*Work instructions*: From the listing below, output only the lines starting at the line that has "pub absolute : IsPrefix" and ending at the line that has "let shown : stat", exactly as they appear, ends included.

*Source data*:
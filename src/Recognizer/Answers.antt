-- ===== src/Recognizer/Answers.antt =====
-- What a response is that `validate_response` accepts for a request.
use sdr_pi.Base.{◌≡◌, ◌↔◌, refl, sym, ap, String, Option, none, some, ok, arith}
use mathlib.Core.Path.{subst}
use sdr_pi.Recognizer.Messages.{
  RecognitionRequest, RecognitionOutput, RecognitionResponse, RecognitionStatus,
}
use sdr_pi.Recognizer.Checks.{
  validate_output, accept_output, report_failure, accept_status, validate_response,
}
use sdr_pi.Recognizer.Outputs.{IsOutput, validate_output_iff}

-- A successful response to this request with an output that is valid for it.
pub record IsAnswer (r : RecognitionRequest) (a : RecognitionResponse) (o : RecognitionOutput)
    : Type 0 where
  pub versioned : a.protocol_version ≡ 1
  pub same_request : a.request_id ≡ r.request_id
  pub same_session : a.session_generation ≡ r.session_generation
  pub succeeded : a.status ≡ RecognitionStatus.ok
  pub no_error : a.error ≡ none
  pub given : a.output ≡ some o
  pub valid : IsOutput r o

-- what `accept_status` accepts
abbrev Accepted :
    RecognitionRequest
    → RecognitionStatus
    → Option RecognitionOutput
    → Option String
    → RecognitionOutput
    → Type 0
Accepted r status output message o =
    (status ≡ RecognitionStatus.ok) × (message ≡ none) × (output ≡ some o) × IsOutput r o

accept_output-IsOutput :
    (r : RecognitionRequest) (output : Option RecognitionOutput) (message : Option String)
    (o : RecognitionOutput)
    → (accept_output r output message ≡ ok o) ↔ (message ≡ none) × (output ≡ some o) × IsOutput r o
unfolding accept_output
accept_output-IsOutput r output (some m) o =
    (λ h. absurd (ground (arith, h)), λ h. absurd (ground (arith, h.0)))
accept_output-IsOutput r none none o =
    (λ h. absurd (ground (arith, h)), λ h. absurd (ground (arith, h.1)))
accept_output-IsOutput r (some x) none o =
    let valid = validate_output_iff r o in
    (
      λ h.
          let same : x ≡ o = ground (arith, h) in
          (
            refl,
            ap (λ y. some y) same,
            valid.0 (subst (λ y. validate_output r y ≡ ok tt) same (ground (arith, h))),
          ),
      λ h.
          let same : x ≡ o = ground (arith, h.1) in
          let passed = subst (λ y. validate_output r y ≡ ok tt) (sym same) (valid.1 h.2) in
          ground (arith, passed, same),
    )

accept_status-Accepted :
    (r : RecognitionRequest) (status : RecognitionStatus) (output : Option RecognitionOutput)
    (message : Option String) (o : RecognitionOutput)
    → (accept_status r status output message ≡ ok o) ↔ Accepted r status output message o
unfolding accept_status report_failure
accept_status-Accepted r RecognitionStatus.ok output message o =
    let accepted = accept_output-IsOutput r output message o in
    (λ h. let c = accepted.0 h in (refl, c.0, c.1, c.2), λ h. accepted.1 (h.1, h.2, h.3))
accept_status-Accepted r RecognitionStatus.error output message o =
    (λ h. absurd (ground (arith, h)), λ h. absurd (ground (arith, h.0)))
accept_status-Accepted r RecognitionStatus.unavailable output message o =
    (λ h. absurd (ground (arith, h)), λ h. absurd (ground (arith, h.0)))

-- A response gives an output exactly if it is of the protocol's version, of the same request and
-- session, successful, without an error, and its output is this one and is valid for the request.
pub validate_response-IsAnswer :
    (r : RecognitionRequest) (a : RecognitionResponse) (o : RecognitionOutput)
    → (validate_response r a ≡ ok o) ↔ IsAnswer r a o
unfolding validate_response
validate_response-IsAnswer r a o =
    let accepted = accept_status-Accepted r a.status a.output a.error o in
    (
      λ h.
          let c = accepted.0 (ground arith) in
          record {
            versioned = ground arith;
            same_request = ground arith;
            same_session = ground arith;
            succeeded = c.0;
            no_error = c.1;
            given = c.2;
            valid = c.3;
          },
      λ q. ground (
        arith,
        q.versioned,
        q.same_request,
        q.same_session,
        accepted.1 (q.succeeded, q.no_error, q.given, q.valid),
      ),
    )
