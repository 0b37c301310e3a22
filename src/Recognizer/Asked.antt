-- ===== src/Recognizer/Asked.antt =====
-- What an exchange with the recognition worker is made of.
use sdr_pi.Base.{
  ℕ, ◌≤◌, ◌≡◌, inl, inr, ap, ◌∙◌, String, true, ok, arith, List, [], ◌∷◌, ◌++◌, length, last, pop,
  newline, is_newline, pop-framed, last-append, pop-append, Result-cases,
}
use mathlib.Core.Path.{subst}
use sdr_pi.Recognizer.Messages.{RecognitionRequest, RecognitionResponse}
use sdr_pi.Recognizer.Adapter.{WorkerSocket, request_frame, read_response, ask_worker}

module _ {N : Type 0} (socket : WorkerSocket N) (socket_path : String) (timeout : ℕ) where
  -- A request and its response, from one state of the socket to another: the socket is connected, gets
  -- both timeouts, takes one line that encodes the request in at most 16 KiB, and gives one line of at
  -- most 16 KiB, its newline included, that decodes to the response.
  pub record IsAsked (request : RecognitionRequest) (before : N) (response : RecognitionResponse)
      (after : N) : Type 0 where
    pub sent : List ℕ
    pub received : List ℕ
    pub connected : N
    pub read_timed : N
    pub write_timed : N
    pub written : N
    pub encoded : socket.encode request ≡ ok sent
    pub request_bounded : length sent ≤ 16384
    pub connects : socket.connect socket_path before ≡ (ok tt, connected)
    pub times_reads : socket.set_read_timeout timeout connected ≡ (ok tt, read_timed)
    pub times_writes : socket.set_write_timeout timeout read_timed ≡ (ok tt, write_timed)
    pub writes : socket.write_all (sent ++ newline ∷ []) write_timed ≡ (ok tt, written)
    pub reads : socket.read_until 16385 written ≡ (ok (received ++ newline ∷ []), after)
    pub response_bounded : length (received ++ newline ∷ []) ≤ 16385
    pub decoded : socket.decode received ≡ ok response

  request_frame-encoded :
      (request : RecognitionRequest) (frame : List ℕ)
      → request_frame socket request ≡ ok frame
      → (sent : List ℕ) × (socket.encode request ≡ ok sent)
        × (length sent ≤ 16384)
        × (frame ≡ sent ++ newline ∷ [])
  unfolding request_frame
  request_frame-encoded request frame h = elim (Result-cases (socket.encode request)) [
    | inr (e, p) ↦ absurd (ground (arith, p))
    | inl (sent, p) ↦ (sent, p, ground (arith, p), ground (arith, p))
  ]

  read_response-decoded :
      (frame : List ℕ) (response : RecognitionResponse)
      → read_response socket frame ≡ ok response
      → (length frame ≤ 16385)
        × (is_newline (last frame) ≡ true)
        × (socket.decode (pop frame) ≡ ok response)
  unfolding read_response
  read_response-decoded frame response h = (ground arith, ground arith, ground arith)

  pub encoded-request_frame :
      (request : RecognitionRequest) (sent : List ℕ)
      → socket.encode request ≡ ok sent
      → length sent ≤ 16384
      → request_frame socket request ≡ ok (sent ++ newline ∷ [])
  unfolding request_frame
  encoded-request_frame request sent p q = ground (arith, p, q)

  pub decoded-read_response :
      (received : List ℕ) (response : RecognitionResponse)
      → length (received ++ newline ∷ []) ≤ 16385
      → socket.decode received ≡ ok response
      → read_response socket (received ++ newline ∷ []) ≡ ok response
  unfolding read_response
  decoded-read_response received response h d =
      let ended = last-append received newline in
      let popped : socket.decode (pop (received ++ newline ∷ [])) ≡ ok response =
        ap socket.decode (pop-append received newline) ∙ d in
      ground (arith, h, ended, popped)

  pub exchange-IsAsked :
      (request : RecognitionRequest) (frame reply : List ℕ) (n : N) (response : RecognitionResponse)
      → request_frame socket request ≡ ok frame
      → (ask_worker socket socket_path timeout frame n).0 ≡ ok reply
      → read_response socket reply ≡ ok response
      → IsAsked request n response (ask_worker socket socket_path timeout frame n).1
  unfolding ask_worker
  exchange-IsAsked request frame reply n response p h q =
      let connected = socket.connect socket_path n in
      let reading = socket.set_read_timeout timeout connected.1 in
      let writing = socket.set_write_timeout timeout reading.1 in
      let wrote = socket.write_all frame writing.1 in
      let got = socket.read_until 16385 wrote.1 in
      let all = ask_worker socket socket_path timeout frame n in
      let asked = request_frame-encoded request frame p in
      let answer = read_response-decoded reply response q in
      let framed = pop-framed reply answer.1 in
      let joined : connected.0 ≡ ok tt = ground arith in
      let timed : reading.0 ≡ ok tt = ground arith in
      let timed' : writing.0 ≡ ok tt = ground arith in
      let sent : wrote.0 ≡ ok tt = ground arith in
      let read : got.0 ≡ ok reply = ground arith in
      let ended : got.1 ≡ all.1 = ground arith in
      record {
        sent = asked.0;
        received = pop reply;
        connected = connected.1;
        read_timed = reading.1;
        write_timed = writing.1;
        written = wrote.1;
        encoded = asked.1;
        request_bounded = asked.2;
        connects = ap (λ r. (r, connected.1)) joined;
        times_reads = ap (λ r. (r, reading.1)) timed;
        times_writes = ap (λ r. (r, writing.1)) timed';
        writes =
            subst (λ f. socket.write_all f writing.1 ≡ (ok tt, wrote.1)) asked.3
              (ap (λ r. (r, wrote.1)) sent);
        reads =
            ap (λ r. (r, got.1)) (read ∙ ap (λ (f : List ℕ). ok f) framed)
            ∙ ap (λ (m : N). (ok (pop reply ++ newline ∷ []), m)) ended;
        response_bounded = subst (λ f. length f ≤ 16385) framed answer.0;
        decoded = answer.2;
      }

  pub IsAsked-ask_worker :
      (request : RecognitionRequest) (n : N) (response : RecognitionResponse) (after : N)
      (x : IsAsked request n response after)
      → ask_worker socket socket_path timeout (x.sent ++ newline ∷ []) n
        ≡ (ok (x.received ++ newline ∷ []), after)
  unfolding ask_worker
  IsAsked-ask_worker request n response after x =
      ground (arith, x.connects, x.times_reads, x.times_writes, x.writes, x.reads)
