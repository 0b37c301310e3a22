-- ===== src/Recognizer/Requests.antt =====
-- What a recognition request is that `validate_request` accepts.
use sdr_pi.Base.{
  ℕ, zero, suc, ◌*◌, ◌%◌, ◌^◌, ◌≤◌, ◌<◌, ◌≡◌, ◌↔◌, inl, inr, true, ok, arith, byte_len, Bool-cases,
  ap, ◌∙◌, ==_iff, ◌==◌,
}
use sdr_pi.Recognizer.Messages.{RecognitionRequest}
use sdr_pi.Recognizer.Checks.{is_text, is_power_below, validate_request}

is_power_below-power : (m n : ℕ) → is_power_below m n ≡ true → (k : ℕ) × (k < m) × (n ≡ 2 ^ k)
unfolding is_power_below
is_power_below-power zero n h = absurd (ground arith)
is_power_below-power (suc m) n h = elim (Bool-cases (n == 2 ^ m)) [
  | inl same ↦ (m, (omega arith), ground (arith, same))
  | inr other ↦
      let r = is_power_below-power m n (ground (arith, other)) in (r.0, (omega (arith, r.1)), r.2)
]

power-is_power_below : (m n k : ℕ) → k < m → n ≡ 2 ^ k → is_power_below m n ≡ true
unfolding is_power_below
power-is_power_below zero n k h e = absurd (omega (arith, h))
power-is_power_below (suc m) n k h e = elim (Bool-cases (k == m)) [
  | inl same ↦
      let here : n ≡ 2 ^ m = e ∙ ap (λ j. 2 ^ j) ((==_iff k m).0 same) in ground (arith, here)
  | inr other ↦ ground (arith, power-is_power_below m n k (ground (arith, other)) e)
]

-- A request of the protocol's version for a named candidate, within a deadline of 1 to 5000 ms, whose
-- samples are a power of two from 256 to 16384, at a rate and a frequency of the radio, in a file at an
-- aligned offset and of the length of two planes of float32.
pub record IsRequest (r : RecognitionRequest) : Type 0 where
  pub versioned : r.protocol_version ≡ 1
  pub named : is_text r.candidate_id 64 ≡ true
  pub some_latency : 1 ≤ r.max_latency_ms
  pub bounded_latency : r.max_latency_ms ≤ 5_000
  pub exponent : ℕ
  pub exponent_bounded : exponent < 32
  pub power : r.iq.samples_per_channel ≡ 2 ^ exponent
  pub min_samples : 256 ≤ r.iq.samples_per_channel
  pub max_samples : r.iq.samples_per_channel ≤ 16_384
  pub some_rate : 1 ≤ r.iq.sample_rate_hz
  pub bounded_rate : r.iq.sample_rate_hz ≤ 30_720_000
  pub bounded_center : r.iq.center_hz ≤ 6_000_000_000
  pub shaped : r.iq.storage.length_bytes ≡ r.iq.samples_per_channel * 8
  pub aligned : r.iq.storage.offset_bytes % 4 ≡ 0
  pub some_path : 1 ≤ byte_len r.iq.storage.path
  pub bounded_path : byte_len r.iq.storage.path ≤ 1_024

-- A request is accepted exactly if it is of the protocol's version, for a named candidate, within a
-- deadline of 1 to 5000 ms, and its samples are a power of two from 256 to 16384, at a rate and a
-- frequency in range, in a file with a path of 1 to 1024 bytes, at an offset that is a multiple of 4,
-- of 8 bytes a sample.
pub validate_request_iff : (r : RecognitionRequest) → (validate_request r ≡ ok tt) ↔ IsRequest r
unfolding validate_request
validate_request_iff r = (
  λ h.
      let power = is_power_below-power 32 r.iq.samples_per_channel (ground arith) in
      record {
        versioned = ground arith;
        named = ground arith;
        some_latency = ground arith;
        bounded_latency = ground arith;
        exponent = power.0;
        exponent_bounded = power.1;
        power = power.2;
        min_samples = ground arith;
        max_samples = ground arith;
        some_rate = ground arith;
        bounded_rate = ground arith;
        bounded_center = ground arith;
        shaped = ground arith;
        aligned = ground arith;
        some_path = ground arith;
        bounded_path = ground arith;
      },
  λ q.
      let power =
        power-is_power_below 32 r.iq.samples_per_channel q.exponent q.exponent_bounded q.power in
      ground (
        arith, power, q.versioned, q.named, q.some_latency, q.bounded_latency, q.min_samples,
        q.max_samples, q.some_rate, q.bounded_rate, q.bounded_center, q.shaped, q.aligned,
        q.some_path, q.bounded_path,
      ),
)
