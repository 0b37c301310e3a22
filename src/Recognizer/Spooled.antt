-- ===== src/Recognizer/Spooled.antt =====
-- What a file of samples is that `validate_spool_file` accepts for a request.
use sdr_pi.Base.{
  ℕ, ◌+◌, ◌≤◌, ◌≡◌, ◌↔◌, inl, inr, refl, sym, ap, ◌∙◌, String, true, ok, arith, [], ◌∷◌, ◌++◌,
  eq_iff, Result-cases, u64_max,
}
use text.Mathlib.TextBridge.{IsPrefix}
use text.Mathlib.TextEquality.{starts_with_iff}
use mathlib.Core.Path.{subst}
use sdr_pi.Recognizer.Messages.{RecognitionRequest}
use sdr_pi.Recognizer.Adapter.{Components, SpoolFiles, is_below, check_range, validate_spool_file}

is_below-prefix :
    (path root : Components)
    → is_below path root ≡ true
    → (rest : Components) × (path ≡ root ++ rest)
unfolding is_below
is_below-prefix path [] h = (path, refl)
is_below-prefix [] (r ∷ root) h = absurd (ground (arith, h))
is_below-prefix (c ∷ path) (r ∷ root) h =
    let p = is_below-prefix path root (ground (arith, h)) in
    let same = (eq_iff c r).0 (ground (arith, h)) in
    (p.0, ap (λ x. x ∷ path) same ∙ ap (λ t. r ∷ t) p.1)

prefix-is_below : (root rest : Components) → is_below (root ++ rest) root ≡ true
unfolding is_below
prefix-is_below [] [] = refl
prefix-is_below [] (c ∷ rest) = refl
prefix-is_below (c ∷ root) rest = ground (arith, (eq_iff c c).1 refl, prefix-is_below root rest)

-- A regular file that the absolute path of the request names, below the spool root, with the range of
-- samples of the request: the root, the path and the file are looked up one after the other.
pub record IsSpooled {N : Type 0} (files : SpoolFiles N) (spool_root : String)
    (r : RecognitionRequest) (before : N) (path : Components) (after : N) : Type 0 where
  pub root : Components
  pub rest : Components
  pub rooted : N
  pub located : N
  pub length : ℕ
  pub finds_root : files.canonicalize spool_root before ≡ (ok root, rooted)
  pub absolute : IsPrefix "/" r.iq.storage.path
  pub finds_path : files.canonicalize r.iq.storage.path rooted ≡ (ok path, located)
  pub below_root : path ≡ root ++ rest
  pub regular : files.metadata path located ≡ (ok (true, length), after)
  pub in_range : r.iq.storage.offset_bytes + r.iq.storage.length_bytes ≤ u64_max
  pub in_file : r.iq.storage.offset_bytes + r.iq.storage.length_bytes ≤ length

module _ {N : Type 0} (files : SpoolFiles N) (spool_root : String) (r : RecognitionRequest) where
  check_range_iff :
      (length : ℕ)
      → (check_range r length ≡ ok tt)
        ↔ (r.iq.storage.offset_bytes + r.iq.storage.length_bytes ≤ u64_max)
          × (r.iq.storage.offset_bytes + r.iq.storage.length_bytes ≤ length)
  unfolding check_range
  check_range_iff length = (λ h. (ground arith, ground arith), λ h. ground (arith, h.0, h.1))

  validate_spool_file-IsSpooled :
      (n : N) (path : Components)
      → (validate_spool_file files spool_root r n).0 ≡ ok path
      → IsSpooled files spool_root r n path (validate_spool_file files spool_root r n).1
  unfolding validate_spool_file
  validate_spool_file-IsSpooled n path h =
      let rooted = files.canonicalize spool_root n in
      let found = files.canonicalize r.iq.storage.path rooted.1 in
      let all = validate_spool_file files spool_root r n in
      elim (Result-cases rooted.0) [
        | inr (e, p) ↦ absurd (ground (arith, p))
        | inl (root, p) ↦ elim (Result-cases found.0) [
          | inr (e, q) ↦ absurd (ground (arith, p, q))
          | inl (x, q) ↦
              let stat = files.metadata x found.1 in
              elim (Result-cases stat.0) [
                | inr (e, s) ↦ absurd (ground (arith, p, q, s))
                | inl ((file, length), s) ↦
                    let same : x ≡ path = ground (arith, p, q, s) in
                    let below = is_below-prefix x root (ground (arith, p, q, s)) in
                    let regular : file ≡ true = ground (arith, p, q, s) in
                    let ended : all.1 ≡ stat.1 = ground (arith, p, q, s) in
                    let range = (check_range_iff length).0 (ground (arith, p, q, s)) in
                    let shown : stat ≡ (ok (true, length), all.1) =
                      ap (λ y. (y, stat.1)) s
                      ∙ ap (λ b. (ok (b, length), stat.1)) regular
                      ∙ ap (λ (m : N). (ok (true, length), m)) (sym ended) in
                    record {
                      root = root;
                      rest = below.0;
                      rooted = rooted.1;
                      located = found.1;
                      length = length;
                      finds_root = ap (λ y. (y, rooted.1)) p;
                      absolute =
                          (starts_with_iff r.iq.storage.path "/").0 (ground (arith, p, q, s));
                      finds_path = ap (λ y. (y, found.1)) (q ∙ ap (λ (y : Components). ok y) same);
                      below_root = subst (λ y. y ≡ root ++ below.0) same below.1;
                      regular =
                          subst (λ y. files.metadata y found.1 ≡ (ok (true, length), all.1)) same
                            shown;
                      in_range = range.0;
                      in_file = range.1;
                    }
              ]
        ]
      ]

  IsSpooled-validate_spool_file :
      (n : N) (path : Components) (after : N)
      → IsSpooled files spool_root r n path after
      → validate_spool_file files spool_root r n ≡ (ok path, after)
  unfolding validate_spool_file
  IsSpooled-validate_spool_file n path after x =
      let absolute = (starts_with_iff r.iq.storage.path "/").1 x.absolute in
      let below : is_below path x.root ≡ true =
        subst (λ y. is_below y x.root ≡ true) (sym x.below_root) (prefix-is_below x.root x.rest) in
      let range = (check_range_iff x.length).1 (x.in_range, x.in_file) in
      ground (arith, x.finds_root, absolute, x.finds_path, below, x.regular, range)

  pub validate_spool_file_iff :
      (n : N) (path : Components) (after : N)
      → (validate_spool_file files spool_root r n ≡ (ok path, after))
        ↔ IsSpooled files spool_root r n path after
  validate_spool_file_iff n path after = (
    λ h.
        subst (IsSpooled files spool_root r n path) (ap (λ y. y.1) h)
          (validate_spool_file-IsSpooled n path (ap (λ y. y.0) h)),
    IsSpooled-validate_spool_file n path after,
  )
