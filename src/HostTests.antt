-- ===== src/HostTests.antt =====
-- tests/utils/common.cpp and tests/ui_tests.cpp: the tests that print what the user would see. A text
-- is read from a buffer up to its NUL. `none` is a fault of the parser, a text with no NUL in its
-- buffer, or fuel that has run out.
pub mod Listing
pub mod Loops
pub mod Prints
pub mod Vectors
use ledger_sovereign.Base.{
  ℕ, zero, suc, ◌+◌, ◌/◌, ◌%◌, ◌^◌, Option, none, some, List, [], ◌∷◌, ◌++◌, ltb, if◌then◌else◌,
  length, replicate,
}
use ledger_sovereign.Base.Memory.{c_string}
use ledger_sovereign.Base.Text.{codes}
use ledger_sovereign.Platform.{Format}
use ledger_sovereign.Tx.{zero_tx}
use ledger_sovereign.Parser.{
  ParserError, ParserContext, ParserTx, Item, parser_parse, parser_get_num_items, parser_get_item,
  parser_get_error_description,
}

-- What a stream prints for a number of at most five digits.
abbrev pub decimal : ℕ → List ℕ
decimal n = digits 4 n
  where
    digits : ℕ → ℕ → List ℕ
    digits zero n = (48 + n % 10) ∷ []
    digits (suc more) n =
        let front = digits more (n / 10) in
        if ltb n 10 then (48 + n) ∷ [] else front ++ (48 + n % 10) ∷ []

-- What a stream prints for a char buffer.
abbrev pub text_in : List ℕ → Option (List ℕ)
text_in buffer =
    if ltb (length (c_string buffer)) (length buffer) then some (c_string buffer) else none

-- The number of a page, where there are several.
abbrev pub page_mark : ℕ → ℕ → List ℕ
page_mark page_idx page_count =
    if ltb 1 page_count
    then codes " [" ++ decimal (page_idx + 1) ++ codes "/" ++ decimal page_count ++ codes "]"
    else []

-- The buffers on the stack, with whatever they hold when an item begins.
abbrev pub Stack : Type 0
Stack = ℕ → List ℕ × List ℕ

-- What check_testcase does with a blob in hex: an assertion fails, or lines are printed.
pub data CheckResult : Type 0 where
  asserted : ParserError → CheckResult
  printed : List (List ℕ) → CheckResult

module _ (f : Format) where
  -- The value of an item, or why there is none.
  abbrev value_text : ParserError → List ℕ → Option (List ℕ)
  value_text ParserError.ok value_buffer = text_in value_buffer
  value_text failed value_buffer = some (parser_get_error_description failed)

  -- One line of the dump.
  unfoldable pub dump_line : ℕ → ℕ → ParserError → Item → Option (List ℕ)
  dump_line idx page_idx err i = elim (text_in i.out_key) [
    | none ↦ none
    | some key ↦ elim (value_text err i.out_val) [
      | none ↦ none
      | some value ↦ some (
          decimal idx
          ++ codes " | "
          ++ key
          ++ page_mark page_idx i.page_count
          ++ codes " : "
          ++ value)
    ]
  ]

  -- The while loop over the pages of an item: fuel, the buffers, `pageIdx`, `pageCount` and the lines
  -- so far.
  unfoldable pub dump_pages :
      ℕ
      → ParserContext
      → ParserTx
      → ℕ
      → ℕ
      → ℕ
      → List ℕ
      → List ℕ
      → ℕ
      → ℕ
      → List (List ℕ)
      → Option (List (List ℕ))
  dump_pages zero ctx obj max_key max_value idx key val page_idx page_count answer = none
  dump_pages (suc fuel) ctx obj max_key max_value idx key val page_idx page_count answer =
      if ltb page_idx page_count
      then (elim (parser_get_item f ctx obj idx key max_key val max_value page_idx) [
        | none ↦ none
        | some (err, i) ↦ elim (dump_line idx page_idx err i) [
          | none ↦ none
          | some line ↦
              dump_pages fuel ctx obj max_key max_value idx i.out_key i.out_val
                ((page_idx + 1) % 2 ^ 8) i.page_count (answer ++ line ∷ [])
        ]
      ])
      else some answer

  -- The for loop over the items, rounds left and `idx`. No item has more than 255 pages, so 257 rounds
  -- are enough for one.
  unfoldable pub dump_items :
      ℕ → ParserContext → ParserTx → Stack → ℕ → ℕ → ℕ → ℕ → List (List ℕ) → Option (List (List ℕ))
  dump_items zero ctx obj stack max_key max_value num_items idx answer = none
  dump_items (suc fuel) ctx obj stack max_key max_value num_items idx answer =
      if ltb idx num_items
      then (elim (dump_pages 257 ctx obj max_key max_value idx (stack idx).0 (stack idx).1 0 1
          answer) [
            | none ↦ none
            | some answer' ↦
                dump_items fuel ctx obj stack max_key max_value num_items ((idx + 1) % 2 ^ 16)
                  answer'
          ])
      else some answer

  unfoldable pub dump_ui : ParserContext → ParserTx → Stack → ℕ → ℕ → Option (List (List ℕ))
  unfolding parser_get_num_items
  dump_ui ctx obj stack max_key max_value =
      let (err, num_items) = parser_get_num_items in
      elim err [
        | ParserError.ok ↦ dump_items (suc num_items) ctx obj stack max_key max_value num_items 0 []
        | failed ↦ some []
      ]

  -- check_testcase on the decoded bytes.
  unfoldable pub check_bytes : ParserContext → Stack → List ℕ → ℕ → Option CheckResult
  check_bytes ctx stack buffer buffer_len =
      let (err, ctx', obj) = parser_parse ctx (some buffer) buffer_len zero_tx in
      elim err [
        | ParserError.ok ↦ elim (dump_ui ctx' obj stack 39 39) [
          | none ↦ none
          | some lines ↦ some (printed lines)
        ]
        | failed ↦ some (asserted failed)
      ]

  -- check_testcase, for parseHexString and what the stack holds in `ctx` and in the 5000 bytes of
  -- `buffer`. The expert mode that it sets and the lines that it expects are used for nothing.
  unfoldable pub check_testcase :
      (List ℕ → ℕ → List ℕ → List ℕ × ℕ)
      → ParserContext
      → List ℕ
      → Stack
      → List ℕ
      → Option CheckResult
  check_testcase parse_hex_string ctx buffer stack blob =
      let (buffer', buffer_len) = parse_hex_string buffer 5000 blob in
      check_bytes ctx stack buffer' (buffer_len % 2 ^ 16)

*Response*:
  pub absolute : IsPrefix "/" r.iq.storage.path
  pub finds_path : files.canonicalize r.iq.storage.path rooted ≡ (ok path, located)
  pub below_root : path ≡ root ++ rest
  pub regular : files.metadata path located ≡ (ok (true, length), after)
  pub in_range : r.iq.storage.offset_bytes + r.iq.storage.length_bytes ≤ u64_max
  pub in_file : r.iq.storage.offset_bytes + r.iq.storage.length_bytes ≤ length

module _ {N : Type 0} (files : SpoolFiles N) (spool_root : String) (r : RecognitionRequest) where
  check_range_iff :
      (length : ℕ)
      → (check_range r length ≡ ok tt)
        ↔ (r.iq.storage.offset_bytes + r.iq.storage.length_bytes ≤ u64_max)
          × (r.iq.storage.offset_bytes + r.iq.storage.length_bytes ≤ length)
  unfolding check_range
  check_range_iff length = (λ h. (ground arith, ground arith), λ h. ground (arith, h.0, h.1))

  validate_spool_file-IsSpooled :
      (n : N) (path : Components)
      → (validate_spool_file files spool_root r n).0 ≡ ok path
      → IsSpooled files spool_root r n path (validate_spool_file files spool_root r n).1
  unfolding validate_spool_file
  validate_spool_file-IsSpooled n path h =
      let rooted = files.canonicalize spool_root n in
      let found = files.canonicalize r.iq.storage.path rooted.1 in
      let all = validate_spool_file files spool_root r n in
      elim (Result-cases rooted.0) [
        | inr (e, p) ↦ absurd (ground (arith, p))
        | inl (root, p) ↦ elim (Result-cases found.0) [
          | inr (e, q) ↦ absurd (ground (arith, p, q))
          | inl (x, q) ↦
              let stat = files.metadata x found.1 in
              elim (Result-cases stat.0) [
                | inr (e, s) ↦ absurd (ground (arith, p, q, s))
                | inl ((file, length), s) ↦
                    let same : x ≡ path = ground (arith, p, q, s) in
                    let below = is_below-prefix x root (ground (arith, p, q, s)) in
                    let regular : file ≡ true = ground (arith, p, q, s) in
                    let ended : all.1 ≡ stat.1 = ground (arith, p, q, s) in
                    let range = (check_range_iff length).0 (ground (arith, p, q, s)) in
                    let shown : stat ≡ (ok (true, length), all.1) =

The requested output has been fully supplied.